Curcumin inhibits pancreatic cancer cell proliferation by regulating Beclin1 expression and inhibiting the hypoxia-inducible factor-1αmediated glycolytic pathway

Abstract

Background: Pancreatic cancer has a high degree of malignancy and high mortality. Understanding its biological status can provide more therapeutic targets for the future. The present study was to investigate whether curcumin can inhibit pancreatic cancer cell proliferation by regulating Beclin1 expression and inhibiting the hypoxia-inducible factor-1α (HIF-1α)-mediated glycolytic pathway. Methods: Two pancreatic cancer cell lines, PANC-1 and SW1990, were treated with different concentrations of curcumin (0, 20, 40, and 60 μM).

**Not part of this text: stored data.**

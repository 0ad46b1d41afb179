-- ===== src/Lib.antt =====
-- RincOS: booting, memory management, interrupts and time of the x86-64 kernel.
--
-- The boot loader (crates/bootloader/limine) gives the kernel a `BootInfo` (crates/bootabi), whose
-- memory map the kernel's frame allocator walks (kernel/src/svc/vm.rs). The allocator implements the
-- trait `PageTableFrameAlloc` of crates/hal/src/mmu.rs, through which the page-table code of
-- arch/x86_64/src/mmu.rs takes its frames. kernel/src/kmain.rs starts the processor's tables
-- (gdt.rs, tss.rs, idt.rs), the memory service, the interrupt controller (apic.rs) and the timer
-- (tsc.rs). An interrupt goes from arch/x86_64/src/interrupts/mod.rs through the handler registered
-- in crates/hal/src/interrupt.rs to kernel/src/interrupts.rs, and a tick on to kernel/src/time.rs.
--
-- Prelude: the shared names, native numbers as machine words, lists as arrays, bitwise lemmas.
-- Hal/Mmu: the types and the trait of crates/hal/src/mmu.rs. A function that takes a trait object
--   takes the record of its operations. Hal/Interrupt and Hal/Time have the frame of an interrupt,
--   the handler and the timer that are registered (crates/hal/src/interrupt.rs, time.rs), and
--   Hal/Serial the writer (serial.rs).
-- X86/Machine, X86/Run: the processor and the statics of arch/x86_64 as one state, and commands on
--   it that end well, with an error, or in a panic or a wild read (`fault`).
-- X86/Mmu: arch/x86_64/src/mmu.rs. Entry has the bits of an entry, Table the tables in memory
--   (`zero_frame`, `table_mut`, `ensure_table`), Page `map_4k`, `unmap_4k`, `protect_4k` and
--   `translate`. Walk is the specification: which table a path of indices leads to, which entry a
--   page has, and the invariant that the tables form a tree. Frames says what the code relies on of
--   the trait's implementation. Ensure and the modules below Page are about the operations.
--   Slots has the slots of address spaces, Features the no-execute bit and the flushes of the TLB,
--   Shootdown those that other processors are told of. Spaces has the kernel's own address space and
--   the making, use and end of the others. Requests has the abstract map from pages to frames with
--   flags, as a step relation on requests and answers, and the code's answers to them. Local says
--   what an operation on one address space may touch. System puts all address spaces together: the
--   calls that the kernel may make, the invariant (every space a tree of tables, none shared), and
--   the separate maps of pages that the calls promise, one for each address space.
-- X86/Msr, X86/Apic, X86/Cpuid, X86/Tsc: msr.rs, apic.rs, cpuid.rs and tsc.rs of arch/x86_64/src.
--   The answers of CPUID, and those of the interrupt controller to the delivery bit, are parameters.
-- X86/Descriptors: gdt.rs, tss.rs, idt.rs and `init_core` of lib.rs. Decode and Gates say what the
--   processor reads in a descriptor and in a gate. Addresses of statics and stubs are parameters,
--   and so is what stands in the padding of the task state segment.
-- X86/Serial: serial.rs, on ports whose answers are a parameter.
-- X86/Interrupts, X86/Start: interrupts/mod.rs, and the steps of lib.rs that start the platform.
-- Kernel: kernel/src. Interrupts and Time are interrupts.rs and time.rs, Vm the service of
--   svc/vm.rs over the allocator and mmu.rs (its System and Calls take the calls of
--   X86/Mmu/System to the service), Main `kmain`, with Kept and Clock about its steps. A panic is
--   `fault`, or no result.
--   Console has drivers/console, log/mod.rs and debug/early_serial.rs, BootLog what bootinfo.rs
--   prints, as pieces that the formatting of core, a parameter, turns into text, and Entry `kentry`
--   of main.rs.
-- Bootabi: the types of crates/bootabi/src/lib.rs.
-- Limine: crates/bootloader/limine/src/lib.rs. Memmap has the copy of the memory map and the search
--   in it, Strings the buffer of strings and their bounds, Info `gather_bootinfo`. The answers of the
--   crate `limine` and its constants are parameters, and the kernel's own buffers are apart from the
--   memory that the boot loader's strings lie in.
-- Vm: the allocator of kernel/src/svc/vm.rs. Map says what it relies on of the memory map, Rounds
--   and FromMap are about its loop, Alloc and Source about its operations, Start about `new`.
-- Tests: a small machine, memory map and boot loader, on which the theorems are applied.
--
-- Memory is a function from addresses to 64-bit words, read and written at 8-byte steps of the
-- direct map: a physical address is accessed at its sum with the offset, modulo 2^64. Addresses and
-- entries are natural numbers below 2^64, with the wrap-around written out. An overflow of `+` is
-- taken as a release build takes it, modulo 2^64. The loop of `next_from_map` runs on fuel, a round
-- for each entry that is left, which is enough since every round but the last moves to the next.
--
-- An address space below a limit on the root's indices (256 for user space, 512 for all of it) is
-- taken to be a tree: no frame is used as a table twice. A large page, which the code reads as a
-- table, is outside of this unless it happens to look like one.
--
-- `wait_delivered`, the loop of `send_ipi_all_others`, runs on fuel; any fuel above the number of
-- reads that find the interrupt pending is enough. `await_empty`, the loop of `com1_write`, runs on
-- fuel too; any fuel above the number of answers that say busy is enough.
--
-- A call of the memory management is permitted on an address space that exists, and on pages of its
-- own part: the lower half, or, for the kernel's, indices of the root below a parameter `top`. That
-- the boot loader's tables are a tree apart from the allocator's frames is a hypothesis.
--
-- Not modelled: the processor's own walk and its TLB, of which only the writes of registers and the
-- `invlpg` instructions are kept, as events; the lock around the allocator, whose calls are taken
-- one at a time; the lines that `kmain` and the panic handler print; the functions of gdt.rs and
-- lib.rs that only bundle others and that nothing calls; the stubs in assembly and those of
-- arch/aarch64.
pub mod Prelude
pub mod Hal
pub mod X86
pub mod Kernel
pub mod Bootabi
pub mod Limine
pub mod Vm
pub mod Tests
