-- ===== src/Prelude/Words.antt =====
-- Machine words as native numbers: the wrap-around of each width is written out.
use Prim.Native.Nat.{ℕ, ◌+◌, ◌-◌, ◌*◌, ◌/◌, ◌%◌, ◌^◌, min, bit_and}
use mathlib.Core.Bool.{Bool, not}
use mathlib.Core.Option.{Option, none, some}
use rincos.Prelude.Tests.{ltb, ◌==◌, if◌then◌else◌}

abbrev pub u8_mod : ℕ
u8_mod = 2 ^ 8

abbrev pub u16_mod : ℕ
u16_mod = 2 ^ 16

abbrev pub u32_mod : ℕ
u32_mod = 2 ^ 32

abbrev pub u64_mod : ℕ
u64_mod = 2 ^ 64

-- `x as u8`, `x as u16` and `x as u32` keep the low bits.
abbrev pub as_u8 : ℕ → ℕ
as_u8 x = x % u8_mod

abbrev pub as_u16 : ℕ → ℕ
as_u16 x = x % u16_mod

abbrev pub as_u32 : ℕ → ℕ
as_u32 x = x % u32_mod

-- `x << k` and `x >> k` of a u64.
abbrev pub shl : ℕ → ℕ → ℕ
shl x k = x * 2 ^ k % u64_mod

abbrev pub shr : ℕ → ℕ → ℕ
shr x k = x / 2 ^ k

-- `!x` of a u64.
abbrev pub bit_not : ℕ → ℕ
bit_not x = u64_mod - 1 - x

abbrev pub wrapping_add : ℕ → ℕ → ℕ
wrapping_add a b = (a + b) % u64_mod

abbrev pub wrapping_sub : ℕ → ℕ → ℕ
wrapping_sub a b = (a + u64_mod - b) % u64_mod

abbrev pub checked_add : ℕ → ℕ → Option ℕ
checked_add a b = if ltb (a + b) u64_mod then some (a + b) else none

abbrev pub saturating_mul : ℕ → ℕ → ℕ
saturating_mul a b = min (a * b) (u64_mod - 1)

-- `(x & m) != 0`.
abbrev pub has_bits : ℕ → ℕ → Bool
has_bits x m = not (bit_and x m == 0)
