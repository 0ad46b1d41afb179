-- ===== src/Bootabi.antt =====
-- crates/bootabi/src/lib.rs: the data that the boot loader hands to the kernel.
use rincos.Prelude.{ℕ, Bool, true, ◌||◌, ◌==◌}

abbrev pub bootabi_magic : ℕ
bootabi_magic = 0x424f4f54

abbrev pub bootabi_version : ℕ
bootabi_version = 1

pub record BootHeader : Type 0 where
  pub magic : ℕ
  pub version : ℕ
  pub header_size : ℕ

pub data Arch : Type 0 where
  x86_64 aarch64 : Arch

pub data BootMode : Type 0 where
  unknown bios uefi : BootMode

unfoldable pub from_raw : ℕ → BootMode
from_raw raw = elim (raw == 1) [
  | true ↦ BootMode.bios
  | _ ↦ elim (raw == 2) [ true ↦ BootMode.uefi | _ ↦ BootMode.unknown ]
]

unfoldable pub as_raw : BootMode → ℕ
as_raw BootMode.unknown = 0
as_raw BootMode.bios = 1
as_raw BootMode.uefi = 2

pub record ByteSpan : Type 0 where
  pub ptr : ℕ
  pub len : ℕ

abbrev pub empty_span : ByteSpan
empty_span = record { ptr = 0; len = 0 }

unfoldable pub is_empty : ByteSpan → Bool
is_empty s = s.ptr == 0 || s.len == 0

pub data MemType : Type 0 where
  reserved usable acpi_reclaimable acpi_nvs mmio bad_memory bootloader_reclaimable : MemType
  kernel_and_modules : MemType

pub record MemMapEntry : Type 0 where
  pub base : ℕ
  pub len : ℕ
  pub mem_type : MemType
  pub flags : ℕ

-- `MemMapFlags::TRUNCATED`.
abbrev pub mem_map_truncated : ℕ
mem_map_truncated = 1

-- `size_of::<MemMapEntry>()`: two words, and a byte, a byte and a half-word in a third.
abbrev pub mem_map_entry_size : ℕ
mem_map_entry_size = 24

-- `entries` is what `entries_ptr` points to; the buffer is written once, before the kernel runs.
pub record MemMapView : Type 0 where
  pub entries_ptr : ℕ
  pub entries : ℕ → MemMapEntry
  pub entry_count : ℕ
  pub entry_size : ℕ
  pub flags : ℕ

pub data FbFormat : Type 0 where
  rgb bgr unknown : FbFormat

pub record Framebuffer : Type 0 where
  pub addr : ℕ
  pub width : ℕ
  pub height : ℕ
  pub pitch : ℕ
  pub bpp : ℕ
  pub format : FbFormat

pub record BootInfo : Type 0 where
  pub hdr : BootHeader
  pub arch : Arch
  pub boot_mode : ℕ
  pub cpu_count : ℕ
  pub phys_addr_bits : ℕ
  pub virt_addr_bits : ℕ
  pub hhdm_offset : ℕ
  pub mem : MemMapView
  pub acpi_rsdp : ℕ
  pub fb : Framebuffer
  pub cmdline : ByteSpan
  pub bootloader : ByteSpan
  pub boot_flags : ℕ

-- `size_of::<BootInfo>()` with the padding that `repr(C)` puts before `hhdm_offset`.
abbrev pub boot_info_size : ℕ
boot_info_size = 120
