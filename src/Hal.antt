-- ===== src/Hal.antt =====
-- crates/hal: the interfaces between the kernel and the architecture.
pub mod Mmu
pub mod Serial
pub mod Time
pub mod Interrupt
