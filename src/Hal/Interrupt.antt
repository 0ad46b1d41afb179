-- ===== src/Hal/Interrupt.antt =====
-- crates/hal/src/interrupt.rs: the interrupt that the architecture hands to the kernel.
use rincos.Prelude.{ℕ, Option, none, some}

pub data IrqKind : Type 0 where
  fault timer external spurious unknown : IrqKind

pub data FaultKind : Type 0 where
  no_fault page_fault general_protection invalid_opcode divide_by_zero double_fault unknown_fault :
      FaultKind

pub record IrqFrame : Type 0 where
  pub kind : IrqKind
  pub fault_kind : FaultKind
  pub irq : ℕ
  pub error_code : ℕ
  pub fault_addr : ℕ

-- The trait, on a state that the handler changes; none is a panic.
pub record InterruptHandler (S : Type 0) : Type 0 where
  pub on_interrupt : IrqFrame → S → Option S

module _ {S : Type 0} where
  -- The statics that hold the handler, as one.
  unfoldable pub register_handler :
      InterruptHandler S → Option (InterruptHandler S) → Option (InterruptHandler S)
  register_handler h handler = some h

  unfoldable pub dispatch : Option (InterruptHandler S) → IrqFrame → S → Option S
  dispatch handler frame s = elim handler [ none ↦ some s | some h ↦ h.on_interrupt frame s ]
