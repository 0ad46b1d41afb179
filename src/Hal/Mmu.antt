-- ===== src/Hal/Mmu.antt =====
-- crates/hal/src/mmu.rs: addresses, mapping flags, errors and the page-table frame allocator.
use rincos.Prelude.{ℕ, Bool, Option}

abbrev pub PhysAddr : Type 0
PhysAddr = ℕ

abbrev pub VirtAddr : Type 0
VirtAddr = ℕ

-- A value of the flags type is a subset of the six flags, and `contains` is its field.
pub record MapFlags : Type 0 where
  pub read : Bool
  pub write : Bool
  pub exec : Bool
  pub user : Bool
  pub global : Bool
  pub uncached : Bool

pub data MapError : Type 0 where
  unaligned already_mapped not_mapped out_of_memory invalid_args : MapError

pub data TranslateError : Type 0 where
  not_mapped invalid_address : TranslateError

-- An address space is known by a pointer to the object that holds its root: the kernel's own
-- object, one of the slots, or the dangling pointer of an empty slot.
pub data AddressSpace : Type 0 where
  kernel : AddressSpace
  slot : ℕ → AddressSpace
  dangling : AddressSpace

-- The words of memory, by address.
abbrev pub Memory : Type 0
Memory = ℕ → ℕ

-- The trait: a provider with a state of its own, which also writes the frames that it hands out.
pub record PageTableFrameAlloc (A : Type 0) : Type 0 where
  pub alloc_frame_4k : A → Memory → Option PhysAddr × A × Memory
  pub free_frame_4k : A → PhysAddr → A
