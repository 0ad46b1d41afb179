-- ===== src/Hal/Serial.antt =====
-- crates/hal/src/serial.rs: the serial writer that the platform registers.
use rincos.Prelude.{ℕ, Option, none, some}

-- A writer on a device of type `M`. It gives none where the code does not return.
pub record SerialWriter (M : Type 0) : Type 0 where
  pub write_byte : ℕ → M → Option M

module _ {M : Type 0} where
  -- The static `SERIAL` after the registration.
  unfoldable pub register_serial_writer :
      SerialWriter M → Option (SerialWriter M) → Option (SerialWriter M)
  register_serial_writer w serial = some w

  unfoldable pub write_byte : Option (SerialWriter M) → ℕ → M → Option M
  write_byte none b m = some m
  write_byte (some w) b m = w.write_byte b m
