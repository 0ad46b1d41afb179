-- ===== src/Hal/Time.antt =====
-- crates/hal/src/time.rs: the timer that is registered, if one is.
use rincos.Prelude.{ℕ, Option, none, some}

-- The trait, on a state that the timer reads and changes.
pub record TimerOps (S : Type 0) : Type 0 where
  pub now_ticks : S → ℕ
  pub frequency_hz : S → ℕ
  pub arm_one_shot : ℕ → S → S

module _ {S : Type 0} (timer : Option (TimerOps S)) where
  unfoldable pub now_ticks : S → ℕ
  now_ticks s = elim timer [ none ↦ 0 | some t ↦ t.now_ticks s ]

  unfoldable pub frequency_hz : S → ℕ
  frequency_hz s = elim timer [ none ↦ 0 | some t ↦ t.frequency_hz s ]

  unfoldable pub arm_one_shot : ℕ → S → S
  arm_one_shot deadline_ticks s = elim timer [ none ↦ s | some t ↦ t.arm_one_shot deadline_ticks s ]
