-- ===== src/Agent/Running.antt =====
-- The rest of the daemon of internal/agent/daemon.go: the commands of a heartbeat's reply, the listing and
-- the upload of recordings, and the loop of `RunDaemon`. The directory and the dashboard are inputs.
use mocking_box.Prelude.{
  ℕ, Bool, not, ◌&&◌, ◌||◌, List, [], ◌∷◌, Option, none, some, if◌then◌else◌, GoString, str,
  has_suffix, sort_by, Result, ok, fail,
}
use mocking_box.Golden.{is_golden_file}
use mocking_box.Agent.Daemon.{Daemon, Command, StartInputs, exec, stop_capture}

-- An entry of the directory, with its size where it is known
pub record FileEntry : Type 0 where
  pub name : GoString
  pub is_dir : Bool
  pub size : Option ℕ

pub record Recording : Type 0 where
  pub name : GoString
  pub size : ℕ
  pub golden : Bool

size_or_zero : Option ℕ → ℕ
size_or_zero none = 0
size_or_zero (some n) = n

-- The loop of `listRecordings`
unfoldable pub recordings : List FileEntry → List Recording
unfolding has_suffix size_or_zero is_golden_file
recordings [] = []
recordings (e ∷ es) =
    let rest = recordings es in
    if e.is_dir
      || (not (has_suffix (e.name) (str ".jsonl")) && not (has_suffix (e.name) (str ".har")))
    then rest
    else (record { name = e.name; size = size_or_zero (e.size); golden = is_golden_file (e.name) })
      ∷ rest

-- `listRecordings`
unfoldable pub list_recordings : List FileEntry → List Recording
unfolding recordings sort_by
list_recordings es = sort_by (λ r. r.name) (recordings es)

-- The loop over the commands of a heartbeat's reply, each with what a start of it meets
unfoldable pub exec_all : List (Command × StartInputs) → Daemon → Daemon
unfolding exec
exec_all [] d = d
exec_all ((cmd, inputs) ∷ later) d = exec_all later (exec cmd inputs d)

-- The end of `beat`, with the reply's commands or the error of the post
unfoldable pub replied : Result (List (Command × StartInputs)) → Daemon → Daemon
unfolding exec_all
replied (fail e) d = d
replied (ok commands) d = exec_all commands d

-- The loop of `RunDaemon` over the replies of its heartbeats, until its context is done
unfoldable pub run_loop : List (Result (List (Command × StartInputs))) → Daemon → Daemon
unfolding replied stop_capture
run_loop [] d = stop_capture d
run_loop (reply ∷ later) d = run_loop later (replied reply d)

-- The name and the bytes that `upload` posts; nothing where the file cannot be read
unfoldable pub upload : GoString → Result GoString → Option (GoString × GoString)
upload base (fail e) = none
upload base (ok raw) = some (base, raw)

Cell viability was detected using the Cell Counting Kit-8 (CCK-8) assay and flow cytometry was performed to determine the apoptosis rate and cell cycle arrest of the pancreatic cancer cells. PANC-1 and SW1990 cells were treated with different concentrations of curcumin under hypoxic conditions for 48 hours to detect the relative expression of the Beclin1 protein. The coimmunoprecipitation (co-IP) method was used to determine whether curcumin could inhibit the interaction between Beclin1 and HIF-1α. Results: The proliferation inhibition rates of PANC-1 cells after exposure to 0, 20, 40, and 60 μM curcumin were 0%, 31.6%, 47.2%, and 63.9%, respectively, and that of SW1990 cells were 0%, 18.8%, 46.3%, and 63.5% respectively. Western blot analyses showed decreased expression of Beclin1 in cells treated with curcumin. The expression of Beclin1 in the nucleus and cytoplasm decreased with increasing concentrations of curcumin. Co-IP results demonstrated that curcumin inhibited the interaction between Beclin1 and HIF-1α. Treatment with the higher doses of curcumin (40 and 60 μM) significantly decreased the protein expression levels of HIF-1α. In addition, the expression levels of Kidney-Specific Cadherin (HSP70, HSP90, and von Hippel-Lindau protein (pVHL) were significantly decreased in pancreatic cancer cells while the expression of prolyl hydroxylase (PHD) and receptor of activated protein kinase C (RACK1) increased significantly. Furthermore, curcumin reduced cellular adenosine triphosphate (ATP) production in a dose-dependent manner. Compared with control pancreatic cancer cells, the expression levels of GLUT1, HK2, LDHA, and PDK1 gradually decreased with increasing curcumin concentrations. Conclusions: Curcumin can inhibit the expression of Beclin1 and HIF-1α in pancreatic cancer cells under anoxic conditions, thereby affecting the glycolysis pathway and inhibiting cell proliferation.